Problem to work on: The string "Type" appears in some lines of the entries that follow; copy each such line.

Collected data entries:
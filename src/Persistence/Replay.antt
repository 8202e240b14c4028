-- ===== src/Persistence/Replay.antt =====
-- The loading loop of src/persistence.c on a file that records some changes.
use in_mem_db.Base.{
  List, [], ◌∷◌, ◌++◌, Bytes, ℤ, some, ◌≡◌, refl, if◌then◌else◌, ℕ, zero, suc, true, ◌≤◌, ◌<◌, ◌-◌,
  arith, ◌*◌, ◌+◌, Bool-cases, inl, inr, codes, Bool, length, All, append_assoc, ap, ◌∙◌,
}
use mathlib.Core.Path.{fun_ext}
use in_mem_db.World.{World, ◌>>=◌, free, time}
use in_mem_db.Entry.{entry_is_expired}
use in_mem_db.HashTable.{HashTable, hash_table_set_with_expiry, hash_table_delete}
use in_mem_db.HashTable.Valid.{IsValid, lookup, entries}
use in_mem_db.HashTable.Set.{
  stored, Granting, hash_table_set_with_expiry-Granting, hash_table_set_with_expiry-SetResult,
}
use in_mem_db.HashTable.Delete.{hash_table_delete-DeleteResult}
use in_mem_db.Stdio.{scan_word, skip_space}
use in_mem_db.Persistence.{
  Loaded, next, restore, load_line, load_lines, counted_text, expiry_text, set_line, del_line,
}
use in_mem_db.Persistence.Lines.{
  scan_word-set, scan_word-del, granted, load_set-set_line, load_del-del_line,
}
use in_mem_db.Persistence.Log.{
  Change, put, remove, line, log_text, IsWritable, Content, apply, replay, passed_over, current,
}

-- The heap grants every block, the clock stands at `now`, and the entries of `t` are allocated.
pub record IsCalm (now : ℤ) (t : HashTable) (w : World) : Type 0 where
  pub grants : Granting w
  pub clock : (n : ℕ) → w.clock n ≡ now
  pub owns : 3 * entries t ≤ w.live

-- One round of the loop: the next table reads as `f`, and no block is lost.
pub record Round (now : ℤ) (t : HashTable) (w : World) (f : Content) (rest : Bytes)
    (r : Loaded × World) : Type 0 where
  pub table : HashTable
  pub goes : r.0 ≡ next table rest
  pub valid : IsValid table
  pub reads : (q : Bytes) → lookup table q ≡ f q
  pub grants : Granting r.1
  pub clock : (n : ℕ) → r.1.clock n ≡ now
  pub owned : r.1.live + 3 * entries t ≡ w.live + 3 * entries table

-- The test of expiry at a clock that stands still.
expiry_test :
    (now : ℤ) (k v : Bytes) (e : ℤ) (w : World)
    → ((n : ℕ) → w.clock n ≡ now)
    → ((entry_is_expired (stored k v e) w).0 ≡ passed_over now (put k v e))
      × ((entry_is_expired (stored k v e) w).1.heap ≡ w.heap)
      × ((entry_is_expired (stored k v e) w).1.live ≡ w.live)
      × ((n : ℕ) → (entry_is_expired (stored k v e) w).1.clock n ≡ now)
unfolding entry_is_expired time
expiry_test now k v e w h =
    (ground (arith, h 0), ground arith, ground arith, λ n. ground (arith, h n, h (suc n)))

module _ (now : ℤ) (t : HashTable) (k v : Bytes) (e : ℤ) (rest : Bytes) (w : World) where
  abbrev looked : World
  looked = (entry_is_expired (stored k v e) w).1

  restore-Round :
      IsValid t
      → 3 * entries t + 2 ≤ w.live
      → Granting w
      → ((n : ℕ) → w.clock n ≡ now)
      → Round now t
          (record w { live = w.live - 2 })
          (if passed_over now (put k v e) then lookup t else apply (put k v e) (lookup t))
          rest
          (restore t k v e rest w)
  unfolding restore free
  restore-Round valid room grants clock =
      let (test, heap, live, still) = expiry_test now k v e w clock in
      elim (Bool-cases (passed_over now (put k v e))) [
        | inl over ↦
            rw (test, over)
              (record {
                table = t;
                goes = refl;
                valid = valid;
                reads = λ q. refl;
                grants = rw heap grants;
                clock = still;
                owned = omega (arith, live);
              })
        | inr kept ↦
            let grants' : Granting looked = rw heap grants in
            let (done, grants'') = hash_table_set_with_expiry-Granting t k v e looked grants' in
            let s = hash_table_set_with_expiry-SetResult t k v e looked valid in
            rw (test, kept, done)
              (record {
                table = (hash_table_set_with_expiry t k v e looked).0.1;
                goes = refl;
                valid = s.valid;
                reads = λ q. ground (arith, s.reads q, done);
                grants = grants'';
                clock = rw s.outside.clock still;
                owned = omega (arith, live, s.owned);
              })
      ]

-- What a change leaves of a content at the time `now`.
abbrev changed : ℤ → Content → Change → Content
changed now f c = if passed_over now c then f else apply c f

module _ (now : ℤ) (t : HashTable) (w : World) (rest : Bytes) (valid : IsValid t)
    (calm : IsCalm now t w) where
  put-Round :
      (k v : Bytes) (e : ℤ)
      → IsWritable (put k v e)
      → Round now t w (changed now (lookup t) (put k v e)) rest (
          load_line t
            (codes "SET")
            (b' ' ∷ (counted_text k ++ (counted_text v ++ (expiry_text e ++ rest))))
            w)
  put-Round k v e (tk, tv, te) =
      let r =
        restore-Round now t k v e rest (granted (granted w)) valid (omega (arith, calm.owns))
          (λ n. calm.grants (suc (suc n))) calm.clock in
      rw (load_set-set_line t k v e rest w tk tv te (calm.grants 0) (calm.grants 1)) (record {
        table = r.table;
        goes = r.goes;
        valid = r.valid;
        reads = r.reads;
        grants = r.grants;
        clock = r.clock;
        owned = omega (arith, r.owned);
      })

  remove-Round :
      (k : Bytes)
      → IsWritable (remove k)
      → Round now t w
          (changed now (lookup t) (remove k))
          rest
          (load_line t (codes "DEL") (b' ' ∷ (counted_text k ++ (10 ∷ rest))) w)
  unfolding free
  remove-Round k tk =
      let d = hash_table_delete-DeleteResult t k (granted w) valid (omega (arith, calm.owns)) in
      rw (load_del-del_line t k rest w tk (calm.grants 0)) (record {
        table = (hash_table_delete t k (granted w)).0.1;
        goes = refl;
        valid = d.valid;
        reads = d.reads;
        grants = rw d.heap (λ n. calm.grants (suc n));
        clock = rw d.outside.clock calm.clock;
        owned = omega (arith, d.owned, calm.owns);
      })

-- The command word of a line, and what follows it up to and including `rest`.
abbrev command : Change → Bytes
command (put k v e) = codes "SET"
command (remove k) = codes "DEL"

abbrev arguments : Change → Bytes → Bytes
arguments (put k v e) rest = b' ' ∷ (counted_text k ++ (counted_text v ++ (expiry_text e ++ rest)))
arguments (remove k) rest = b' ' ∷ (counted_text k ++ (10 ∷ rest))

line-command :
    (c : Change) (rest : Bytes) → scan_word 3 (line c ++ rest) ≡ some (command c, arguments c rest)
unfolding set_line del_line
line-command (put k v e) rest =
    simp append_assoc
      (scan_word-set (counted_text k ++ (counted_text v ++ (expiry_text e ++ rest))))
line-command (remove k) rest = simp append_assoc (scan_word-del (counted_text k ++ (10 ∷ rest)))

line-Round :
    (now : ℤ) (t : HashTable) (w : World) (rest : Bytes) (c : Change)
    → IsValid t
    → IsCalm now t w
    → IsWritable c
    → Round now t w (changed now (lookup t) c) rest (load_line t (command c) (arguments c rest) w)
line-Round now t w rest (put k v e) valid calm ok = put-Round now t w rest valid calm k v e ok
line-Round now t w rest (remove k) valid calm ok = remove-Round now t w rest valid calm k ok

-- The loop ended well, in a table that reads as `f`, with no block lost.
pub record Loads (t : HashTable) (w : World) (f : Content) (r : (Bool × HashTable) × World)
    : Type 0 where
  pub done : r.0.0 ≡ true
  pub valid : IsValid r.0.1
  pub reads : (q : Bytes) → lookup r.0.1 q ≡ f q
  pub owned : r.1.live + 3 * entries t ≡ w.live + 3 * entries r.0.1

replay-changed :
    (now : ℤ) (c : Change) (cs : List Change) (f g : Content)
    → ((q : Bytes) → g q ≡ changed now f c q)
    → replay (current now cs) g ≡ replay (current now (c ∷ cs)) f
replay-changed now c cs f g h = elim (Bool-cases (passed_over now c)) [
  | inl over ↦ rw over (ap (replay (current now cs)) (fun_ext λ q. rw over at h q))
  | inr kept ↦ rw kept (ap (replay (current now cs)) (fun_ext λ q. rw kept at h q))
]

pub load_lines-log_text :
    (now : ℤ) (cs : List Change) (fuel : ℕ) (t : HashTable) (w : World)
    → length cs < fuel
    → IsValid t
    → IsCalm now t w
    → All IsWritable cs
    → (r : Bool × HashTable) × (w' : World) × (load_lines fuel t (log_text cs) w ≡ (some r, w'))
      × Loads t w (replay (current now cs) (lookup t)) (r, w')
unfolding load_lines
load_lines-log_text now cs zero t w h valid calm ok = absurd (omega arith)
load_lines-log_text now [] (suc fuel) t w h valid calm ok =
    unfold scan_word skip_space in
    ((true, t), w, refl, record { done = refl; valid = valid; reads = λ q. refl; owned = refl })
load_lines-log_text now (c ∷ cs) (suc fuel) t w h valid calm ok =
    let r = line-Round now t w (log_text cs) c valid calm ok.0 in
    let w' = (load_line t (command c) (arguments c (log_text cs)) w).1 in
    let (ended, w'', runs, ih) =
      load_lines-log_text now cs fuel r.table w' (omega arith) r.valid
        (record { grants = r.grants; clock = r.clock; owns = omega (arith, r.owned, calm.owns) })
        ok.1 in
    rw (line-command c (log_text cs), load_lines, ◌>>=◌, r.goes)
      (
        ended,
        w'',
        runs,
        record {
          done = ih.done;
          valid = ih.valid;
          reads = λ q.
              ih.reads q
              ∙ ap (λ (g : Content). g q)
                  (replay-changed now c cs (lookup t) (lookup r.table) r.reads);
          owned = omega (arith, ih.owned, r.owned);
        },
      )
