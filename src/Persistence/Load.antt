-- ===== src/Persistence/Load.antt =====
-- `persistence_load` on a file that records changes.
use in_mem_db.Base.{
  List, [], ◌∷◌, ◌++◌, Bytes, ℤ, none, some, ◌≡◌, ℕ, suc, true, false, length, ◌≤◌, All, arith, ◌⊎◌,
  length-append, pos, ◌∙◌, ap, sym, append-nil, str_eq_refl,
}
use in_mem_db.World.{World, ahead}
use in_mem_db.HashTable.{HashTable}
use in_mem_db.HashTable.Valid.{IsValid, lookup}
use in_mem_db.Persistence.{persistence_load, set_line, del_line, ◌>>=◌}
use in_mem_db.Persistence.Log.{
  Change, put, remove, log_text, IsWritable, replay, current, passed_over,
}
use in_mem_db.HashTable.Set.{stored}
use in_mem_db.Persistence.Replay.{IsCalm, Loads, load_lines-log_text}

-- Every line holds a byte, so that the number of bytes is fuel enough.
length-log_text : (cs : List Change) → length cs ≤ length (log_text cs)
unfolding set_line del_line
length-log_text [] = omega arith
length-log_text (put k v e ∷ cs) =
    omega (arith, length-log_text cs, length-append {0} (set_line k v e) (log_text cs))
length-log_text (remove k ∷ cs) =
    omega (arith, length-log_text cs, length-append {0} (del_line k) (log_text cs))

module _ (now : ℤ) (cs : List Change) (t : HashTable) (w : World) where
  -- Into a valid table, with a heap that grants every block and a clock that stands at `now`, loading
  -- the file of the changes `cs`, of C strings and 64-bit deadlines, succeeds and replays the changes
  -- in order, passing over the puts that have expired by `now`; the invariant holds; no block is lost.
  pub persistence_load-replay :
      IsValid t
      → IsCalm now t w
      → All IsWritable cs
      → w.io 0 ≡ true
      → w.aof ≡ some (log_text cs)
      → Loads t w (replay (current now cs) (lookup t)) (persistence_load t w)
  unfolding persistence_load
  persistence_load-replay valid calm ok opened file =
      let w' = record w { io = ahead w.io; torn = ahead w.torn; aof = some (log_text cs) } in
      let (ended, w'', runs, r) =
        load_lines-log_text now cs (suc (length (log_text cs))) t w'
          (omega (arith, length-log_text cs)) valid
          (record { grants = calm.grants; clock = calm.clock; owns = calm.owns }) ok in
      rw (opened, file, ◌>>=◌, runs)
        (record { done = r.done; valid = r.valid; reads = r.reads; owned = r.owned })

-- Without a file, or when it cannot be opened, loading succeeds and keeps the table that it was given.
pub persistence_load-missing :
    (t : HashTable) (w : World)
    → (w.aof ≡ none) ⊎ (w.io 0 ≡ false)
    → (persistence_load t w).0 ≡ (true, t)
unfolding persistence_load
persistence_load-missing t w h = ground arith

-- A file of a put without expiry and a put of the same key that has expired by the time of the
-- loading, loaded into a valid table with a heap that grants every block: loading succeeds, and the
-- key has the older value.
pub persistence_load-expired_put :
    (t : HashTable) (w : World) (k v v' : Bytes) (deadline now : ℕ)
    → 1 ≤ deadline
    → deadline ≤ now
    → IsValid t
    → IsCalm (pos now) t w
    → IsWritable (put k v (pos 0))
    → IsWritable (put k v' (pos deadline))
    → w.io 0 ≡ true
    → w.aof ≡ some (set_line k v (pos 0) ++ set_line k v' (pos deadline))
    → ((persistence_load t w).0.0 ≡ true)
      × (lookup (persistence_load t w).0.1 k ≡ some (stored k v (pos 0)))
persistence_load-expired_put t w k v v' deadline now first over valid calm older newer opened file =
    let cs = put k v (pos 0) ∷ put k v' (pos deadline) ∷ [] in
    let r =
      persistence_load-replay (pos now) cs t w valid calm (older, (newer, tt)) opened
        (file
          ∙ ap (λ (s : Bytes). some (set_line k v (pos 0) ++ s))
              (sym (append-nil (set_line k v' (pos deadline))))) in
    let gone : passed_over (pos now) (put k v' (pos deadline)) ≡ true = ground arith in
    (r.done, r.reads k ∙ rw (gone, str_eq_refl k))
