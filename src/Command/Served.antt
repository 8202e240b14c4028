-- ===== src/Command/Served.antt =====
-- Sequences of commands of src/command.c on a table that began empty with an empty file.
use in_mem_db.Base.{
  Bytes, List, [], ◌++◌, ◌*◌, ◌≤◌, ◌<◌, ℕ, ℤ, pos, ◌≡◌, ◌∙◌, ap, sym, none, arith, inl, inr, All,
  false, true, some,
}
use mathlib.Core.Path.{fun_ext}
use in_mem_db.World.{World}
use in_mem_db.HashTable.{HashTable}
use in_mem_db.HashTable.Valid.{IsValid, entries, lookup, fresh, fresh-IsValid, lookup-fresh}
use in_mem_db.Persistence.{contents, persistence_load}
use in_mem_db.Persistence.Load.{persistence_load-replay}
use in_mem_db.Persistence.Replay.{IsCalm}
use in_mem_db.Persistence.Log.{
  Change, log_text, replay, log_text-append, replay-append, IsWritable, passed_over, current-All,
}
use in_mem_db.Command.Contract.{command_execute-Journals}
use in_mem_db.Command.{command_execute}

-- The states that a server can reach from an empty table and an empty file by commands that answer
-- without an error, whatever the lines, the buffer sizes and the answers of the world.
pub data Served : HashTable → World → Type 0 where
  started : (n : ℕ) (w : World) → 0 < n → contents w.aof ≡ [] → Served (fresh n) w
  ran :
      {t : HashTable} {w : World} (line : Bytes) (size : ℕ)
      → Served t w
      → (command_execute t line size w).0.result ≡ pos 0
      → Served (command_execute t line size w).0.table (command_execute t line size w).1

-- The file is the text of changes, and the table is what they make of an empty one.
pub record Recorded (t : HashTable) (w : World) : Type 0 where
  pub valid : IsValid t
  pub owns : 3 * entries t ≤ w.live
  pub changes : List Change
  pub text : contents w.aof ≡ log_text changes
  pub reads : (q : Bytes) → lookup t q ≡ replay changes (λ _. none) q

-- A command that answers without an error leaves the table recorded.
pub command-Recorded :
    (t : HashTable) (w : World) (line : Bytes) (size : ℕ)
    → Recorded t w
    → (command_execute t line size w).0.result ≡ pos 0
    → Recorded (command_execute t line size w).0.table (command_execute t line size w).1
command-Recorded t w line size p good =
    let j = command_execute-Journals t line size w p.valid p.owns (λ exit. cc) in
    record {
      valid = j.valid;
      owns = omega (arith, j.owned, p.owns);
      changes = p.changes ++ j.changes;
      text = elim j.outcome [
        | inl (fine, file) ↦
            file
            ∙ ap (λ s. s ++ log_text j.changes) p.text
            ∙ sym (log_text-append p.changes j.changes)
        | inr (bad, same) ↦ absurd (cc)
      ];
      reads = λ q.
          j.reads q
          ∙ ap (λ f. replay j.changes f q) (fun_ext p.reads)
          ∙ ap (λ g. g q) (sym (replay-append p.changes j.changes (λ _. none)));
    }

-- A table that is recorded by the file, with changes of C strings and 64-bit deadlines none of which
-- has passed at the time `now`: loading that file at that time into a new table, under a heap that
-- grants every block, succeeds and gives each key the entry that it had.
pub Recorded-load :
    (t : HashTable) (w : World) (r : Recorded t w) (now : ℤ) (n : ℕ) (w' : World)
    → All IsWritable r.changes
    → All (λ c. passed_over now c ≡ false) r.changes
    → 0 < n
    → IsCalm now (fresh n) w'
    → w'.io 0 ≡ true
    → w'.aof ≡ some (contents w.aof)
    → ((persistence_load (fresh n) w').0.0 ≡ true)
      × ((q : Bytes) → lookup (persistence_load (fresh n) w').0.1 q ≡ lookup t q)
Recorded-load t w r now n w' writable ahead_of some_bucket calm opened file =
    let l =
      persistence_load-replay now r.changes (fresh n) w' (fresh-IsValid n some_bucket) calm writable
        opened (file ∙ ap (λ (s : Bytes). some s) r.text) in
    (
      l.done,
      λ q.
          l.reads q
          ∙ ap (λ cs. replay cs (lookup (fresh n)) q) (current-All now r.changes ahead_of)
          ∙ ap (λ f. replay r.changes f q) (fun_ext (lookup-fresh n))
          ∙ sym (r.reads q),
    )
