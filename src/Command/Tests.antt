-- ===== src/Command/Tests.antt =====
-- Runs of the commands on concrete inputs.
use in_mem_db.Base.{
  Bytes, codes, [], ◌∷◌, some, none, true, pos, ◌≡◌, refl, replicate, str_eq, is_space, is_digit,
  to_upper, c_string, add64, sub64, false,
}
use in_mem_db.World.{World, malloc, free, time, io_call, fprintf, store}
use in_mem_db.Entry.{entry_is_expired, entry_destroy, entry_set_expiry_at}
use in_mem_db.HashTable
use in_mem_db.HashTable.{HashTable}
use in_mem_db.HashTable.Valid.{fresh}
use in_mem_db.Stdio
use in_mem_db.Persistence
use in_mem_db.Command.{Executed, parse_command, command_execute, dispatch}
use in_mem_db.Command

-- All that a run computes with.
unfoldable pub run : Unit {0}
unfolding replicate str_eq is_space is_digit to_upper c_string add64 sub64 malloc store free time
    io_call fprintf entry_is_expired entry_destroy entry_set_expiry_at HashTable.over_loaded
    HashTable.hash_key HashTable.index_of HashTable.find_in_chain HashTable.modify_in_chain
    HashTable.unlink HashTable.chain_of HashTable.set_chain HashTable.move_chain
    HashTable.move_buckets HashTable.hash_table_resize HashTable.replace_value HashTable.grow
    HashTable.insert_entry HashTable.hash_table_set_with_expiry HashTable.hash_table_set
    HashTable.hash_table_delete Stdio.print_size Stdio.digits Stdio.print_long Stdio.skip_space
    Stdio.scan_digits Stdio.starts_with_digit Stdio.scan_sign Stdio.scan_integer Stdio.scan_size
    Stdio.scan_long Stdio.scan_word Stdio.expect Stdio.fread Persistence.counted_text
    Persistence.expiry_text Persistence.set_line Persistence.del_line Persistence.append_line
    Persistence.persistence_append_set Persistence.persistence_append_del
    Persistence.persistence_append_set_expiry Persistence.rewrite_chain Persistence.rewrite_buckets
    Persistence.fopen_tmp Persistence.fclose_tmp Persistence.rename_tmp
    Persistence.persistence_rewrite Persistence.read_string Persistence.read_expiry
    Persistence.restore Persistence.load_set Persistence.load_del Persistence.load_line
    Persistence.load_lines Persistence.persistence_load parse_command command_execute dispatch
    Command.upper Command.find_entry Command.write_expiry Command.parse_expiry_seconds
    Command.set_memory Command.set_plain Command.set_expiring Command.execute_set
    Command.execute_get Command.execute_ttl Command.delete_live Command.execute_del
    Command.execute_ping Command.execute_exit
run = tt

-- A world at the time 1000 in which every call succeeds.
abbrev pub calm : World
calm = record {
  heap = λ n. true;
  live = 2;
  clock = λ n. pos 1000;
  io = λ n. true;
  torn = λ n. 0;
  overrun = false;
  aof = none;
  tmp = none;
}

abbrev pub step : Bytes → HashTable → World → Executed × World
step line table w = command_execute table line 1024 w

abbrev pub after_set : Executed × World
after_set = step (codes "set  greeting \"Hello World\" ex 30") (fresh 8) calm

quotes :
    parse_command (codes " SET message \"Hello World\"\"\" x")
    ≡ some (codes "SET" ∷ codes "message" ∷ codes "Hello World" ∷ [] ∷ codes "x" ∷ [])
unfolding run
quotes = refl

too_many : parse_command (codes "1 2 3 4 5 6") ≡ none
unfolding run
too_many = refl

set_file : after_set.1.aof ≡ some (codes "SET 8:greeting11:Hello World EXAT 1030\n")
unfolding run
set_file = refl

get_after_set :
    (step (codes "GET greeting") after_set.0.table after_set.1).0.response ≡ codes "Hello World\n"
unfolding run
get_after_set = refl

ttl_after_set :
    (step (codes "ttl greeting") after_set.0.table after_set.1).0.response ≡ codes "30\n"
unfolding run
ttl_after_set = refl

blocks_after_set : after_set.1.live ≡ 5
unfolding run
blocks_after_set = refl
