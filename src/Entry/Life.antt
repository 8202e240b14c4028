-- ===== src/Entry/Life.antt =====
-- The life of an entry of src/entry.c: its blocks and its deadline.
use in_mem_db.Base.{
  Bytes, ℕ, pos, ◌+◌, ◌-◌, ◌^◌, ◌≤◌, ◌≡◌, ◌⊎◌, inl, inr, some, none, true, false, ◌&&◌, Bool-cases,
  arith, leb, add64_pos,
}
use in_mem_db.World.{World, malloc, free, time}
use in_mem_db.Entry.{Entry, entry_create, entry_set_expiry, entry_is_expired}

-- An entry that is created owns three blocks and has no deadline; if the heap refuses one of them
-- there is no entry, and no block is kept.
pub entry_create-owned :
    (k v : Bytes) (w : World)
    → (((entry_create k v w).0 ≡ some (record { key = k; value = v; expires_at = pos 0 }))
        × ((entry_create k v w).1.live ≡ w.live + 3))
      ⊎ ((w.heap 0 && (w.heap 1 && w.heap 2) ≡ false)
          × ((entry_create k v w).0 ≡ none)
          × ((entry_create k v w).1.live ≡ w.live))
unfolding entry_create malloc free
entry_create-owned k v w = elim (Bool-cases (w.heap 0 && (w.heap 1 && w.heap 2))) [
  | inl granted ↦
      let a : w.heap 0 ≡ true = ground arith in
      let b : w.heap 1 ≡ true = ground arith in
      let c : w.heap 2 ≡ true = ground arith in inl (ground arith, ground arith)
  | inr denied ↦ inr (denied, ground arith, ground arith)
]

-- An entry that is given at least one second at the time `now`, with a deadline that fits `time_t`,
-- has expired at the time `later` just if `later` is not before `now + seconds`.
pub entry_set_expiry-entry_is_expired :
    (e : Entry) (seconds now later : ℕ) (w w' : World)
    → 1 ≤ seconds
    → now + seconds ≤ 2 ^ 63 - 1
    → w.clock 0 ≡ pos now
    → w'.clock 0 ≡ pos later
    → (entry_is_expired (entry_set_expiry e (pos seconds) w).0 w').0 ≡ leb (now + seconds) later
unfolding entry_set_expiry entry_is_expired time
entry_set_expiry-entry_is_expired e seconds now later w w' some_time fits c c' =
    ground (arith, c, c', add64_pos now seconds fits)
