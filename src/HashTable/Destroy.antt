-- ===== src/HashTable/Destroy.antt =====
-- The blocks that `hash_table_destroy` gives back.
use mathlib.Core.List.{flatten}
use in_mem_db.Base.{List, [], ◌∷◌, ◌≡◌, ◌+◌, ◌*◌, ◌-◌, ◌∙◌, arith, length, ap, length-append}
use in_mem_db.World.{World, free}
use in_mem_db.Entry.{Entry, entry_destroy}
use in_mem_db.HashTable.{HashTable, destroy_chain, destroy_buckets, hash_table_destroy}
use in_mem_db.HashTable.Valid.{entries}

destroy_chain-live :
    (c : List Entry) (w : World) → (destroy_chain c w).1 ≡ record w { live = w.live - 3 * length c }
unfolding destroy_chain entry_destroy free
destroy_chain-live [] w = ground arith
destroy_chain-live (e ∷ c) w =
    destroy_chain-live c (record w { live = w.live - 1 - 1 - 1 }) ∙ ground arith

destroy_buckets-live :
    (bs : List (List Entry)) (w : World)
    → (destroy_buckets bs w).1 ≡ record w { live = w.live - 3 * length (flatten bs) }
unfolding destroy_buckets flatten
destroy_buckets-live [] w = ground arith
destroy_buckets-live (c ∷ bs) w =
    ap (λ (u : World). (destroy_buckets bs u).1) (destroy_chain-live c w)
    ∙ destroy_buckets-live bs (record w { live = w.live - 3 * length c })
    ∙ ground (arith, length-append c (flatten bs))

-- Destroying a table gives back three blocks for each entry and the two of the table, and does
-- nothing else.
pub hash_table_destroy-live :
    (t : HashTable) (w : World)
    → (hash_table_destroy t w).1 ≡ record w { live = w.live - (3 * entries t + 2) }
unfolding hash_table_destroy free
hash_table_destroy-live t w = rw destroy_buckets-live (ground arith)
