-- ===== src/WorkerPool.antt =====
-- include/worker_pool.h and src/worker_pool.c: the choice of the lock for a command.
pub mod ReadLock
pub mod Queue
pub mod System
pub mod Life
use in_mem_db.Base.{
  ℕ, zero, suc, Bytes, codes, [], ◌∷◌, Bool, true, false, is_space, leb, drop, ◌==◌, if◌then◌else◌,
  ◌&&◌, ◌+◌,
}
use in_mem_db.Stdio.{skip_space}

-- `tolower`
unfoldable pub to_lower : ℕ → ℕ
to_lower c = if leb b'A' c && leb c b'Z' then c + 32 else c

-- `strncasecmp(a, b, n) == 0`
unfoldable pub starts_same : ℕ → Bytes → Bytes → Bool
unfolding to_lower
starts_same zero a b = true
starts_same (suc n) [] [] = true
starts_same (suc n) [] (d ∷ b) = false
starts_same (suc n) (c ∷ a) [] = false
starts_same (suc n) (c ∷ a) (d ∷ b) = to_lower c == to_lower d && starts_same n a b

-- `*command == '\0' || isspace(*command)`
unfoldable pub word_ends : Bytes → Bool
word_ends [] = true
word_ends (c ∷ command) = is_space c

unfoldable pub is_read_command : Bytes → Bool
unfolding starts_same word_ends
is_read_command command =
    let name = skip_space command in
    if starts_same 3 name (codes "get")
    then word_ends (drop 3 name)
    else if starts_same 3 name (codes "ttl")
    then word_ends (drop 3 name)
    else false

Solution below:
pub record IsCalm (now : ℤ) (t : HashTable) (w : World) : Type 0 where
    (r : Loaded × World) : Type 0 where
    : Type 0 where
pub data Served : HashTable → World → Type 0 where
pub record Recorded (t : HashTable) (w : World) : Type 0 where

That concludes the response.